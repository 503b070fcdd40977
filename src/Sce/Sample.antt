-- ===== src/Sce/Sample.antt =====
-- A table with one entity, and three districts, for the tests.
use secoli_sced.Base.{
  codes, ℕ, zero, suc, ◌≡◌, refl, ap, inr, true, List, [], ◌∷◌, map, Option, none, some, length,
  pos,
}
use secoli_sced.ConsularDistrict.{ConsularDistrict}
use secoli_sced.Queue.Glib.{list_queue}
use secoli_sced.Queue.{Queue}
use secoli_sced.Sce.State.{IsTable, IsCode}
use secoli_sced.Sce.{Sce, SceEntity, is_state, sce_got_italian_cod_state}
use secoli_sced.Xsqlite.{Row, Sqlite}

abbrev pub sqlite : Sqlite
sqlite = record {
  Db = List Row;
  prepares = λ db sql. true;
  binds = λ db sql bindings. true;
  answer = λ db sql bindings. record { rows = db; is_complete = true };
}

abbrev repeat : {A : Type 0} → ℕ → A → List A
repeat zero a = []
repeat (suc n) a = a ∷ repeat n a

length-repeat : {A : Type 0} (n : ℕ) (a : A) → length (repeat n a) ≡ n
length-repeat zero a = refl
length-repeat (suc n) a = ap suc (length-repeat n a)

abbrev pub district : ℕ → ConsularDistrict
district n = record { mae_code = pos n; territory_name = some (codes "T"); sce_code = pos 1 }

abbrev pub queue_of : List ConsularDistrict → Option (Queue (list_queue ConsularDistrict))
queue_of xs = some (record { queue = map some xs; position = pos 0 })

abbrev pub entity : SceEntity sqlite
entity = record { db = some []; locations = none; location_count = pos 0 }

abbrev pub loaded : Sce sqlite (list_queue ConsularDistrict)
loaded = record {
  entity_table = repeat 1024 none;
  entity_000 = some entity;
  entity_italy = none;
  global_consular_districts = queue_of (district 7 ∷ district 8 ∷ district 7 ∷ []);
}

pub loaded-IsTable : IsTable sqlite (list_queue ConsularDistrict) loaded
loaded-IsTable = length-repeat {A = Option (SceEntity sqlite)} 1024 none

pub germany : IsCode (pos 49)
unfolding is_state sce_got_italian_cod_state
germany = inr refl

* * *

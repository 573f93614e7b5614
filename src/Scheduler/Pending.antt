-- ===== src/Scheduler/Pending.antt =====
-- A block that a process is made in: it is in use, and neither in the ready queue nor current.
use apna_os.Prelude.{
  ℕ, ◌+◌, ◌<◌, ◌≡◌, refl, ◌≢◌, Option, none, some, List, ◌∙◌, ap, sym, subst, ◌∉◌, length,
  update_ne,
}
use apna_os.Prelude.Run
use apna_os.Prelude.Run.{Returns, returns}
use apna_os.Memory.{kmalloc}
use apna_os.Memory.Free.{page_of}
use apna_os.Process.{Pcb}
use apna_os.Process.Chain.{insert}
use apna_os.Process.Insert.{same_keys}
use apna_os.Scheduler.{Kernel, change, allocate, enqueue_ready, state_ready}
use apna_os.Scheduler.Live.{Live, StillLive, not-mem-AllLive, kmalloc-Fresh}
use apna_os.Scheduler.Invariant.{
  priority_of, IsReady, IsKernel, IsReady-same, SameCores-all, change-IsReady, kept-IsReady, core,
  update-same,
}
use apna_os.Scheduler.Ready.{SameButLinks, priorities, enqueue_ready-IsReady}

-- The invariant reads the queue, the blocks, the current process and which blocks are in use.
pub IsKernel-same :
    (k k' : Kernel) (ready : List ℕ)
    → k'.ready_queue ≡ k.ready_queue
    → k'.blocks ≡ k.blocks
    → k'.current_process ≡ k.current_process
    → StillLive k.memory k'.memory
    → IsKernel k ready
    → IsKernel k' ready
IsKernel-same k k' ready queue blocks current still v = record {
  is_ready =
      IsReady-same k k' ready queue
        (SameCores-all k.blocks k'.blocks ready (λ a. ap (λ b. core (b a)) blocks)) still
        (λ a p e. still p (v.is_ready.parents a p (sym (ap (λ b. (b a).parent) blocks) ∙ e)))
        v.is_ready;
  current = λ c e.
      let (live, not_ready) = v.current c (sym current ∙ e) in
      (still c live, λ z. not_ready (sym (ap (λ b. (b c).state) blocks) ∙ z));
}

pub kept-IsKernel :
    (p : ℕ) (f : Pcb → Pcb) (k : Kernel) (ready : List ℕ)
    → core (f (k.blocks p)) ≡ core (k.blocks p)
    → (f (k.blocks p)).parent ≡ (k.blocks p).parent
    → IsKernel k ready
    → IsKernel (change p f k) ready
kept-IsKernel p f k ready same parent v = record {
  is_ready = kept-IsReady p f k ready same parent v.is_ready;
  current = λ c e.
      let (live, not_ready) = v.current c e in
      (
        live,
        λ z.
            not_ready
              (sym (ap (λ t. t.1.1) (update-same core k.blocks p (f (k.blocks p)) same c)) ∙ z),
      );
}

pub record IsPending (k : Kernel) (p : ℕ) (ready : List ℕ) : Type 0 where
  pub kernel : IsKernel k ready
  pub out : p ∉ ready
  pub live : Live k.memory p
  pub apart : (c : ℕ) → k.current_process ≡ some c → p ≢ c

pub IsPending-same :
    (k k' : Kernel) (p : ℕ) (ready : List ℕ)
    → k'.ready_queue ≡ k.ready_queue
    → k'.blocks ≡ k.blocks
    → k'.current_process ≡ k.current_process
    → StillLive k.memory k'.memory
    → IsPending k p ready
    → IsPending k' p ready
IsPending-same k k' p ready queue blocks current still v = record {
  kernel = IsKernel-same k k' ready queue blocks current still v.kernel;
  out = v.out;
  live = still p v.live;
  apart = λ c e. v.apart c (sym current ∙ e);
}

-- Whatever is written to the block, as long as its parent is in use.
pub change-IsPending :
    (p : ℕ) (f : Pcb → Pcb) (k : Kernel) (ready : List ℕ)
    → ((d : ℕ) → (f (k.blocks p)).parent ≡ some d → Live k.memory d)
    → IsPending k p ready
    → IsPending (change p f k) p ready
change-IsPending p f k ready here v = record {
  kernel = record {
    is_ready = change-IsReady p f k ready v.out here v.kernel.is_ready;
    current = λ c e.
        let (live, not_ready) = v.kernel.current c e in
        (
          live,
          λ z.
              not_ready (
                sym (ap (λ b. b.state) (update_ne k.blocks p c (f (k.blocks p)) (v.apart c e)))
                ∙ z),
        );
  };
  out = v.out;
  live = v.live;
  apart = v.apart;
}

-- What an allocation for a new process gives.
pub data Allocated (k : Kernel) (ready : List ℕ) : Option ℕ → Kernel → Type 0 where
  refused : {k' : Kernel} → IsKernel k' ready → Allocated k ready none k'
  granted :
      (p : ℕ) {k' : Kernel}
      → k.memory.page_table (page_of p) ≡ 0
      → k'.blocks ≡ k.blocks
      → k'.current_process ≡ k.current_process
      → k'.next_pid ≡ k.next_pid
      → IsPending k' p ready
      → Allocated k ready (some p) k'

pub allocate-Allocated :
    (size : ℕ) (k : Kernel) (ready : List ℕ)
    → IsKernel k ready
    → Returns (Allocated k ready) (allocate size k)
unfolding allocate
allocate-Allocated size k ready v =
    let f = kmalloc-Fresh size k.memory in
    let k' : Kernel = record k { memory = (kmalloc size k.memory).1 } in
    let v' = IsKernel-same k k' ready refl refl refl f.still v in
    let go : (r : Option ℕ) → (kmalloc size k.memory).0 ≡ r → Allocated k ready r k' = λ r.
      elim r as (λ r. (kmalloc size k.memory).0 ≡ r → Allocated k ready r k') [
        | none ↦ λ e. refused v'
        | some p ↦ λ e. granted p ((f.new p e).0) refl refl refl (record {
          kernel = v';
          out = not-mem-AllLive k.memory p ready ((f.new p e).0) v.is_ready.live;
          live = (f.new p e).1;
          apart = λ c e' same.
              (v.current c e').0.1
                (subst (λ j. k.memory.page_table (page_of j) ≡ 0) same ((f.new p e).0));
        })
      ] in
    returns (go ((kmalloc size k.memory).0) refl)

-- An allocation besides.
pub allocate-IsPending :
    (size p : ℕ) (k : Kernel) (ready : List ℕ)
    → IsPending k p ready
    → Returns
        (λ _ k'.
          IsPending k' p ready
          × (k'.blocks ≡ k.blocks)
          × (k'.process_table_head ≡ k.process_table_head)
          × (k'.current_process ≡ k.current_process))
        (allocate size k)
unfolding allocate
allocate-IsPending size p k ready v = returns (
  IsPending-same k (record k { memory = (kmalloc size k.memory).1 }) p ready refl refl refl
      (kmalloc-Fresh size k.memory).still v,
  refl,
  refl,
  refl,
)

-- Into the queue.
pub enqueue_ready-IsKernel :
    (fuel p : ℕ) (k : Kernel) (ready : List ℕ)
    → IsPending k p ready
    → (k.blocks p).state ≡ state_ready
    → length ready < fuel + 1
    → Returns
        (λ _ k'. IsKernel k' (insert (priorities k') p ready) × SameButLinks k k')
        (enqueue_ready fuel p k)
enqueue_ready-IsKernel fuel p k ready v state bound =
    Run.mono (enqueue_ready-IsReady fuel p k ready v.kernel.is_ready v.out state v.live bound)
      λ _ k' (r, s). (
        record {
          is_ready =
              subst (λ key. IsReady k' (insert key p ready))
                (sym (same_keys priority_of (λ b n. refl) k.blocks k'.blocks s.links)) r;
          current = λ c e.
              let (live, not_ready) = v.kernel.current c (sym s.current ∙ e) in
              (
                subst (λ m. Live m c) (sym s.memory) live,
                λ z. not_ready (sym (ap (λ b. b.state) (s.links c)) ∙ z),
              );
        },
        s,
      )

* [EXERCISE REQUIREMENTS]
Please return the lines above that run from the line containing "repeat (suc n) a = a ∷ repeat n a" to the line containing "abbrev pub district : ℕ → ConsularDistrict", inclusive, exactly and with no other lines.

* [EXERCISE OUTPUT]
repeat (suc n) a = a ∷ repeat n a

length-repeat : {A : Type 0} (n : ℕ) (a : A) → length (repeat n a) ≡ n
length-repeat zero a = refl
length-repeat (suc n) a = ap suc (length-repeat n a)

abbrev pub district : ℕ → ConsularDistrict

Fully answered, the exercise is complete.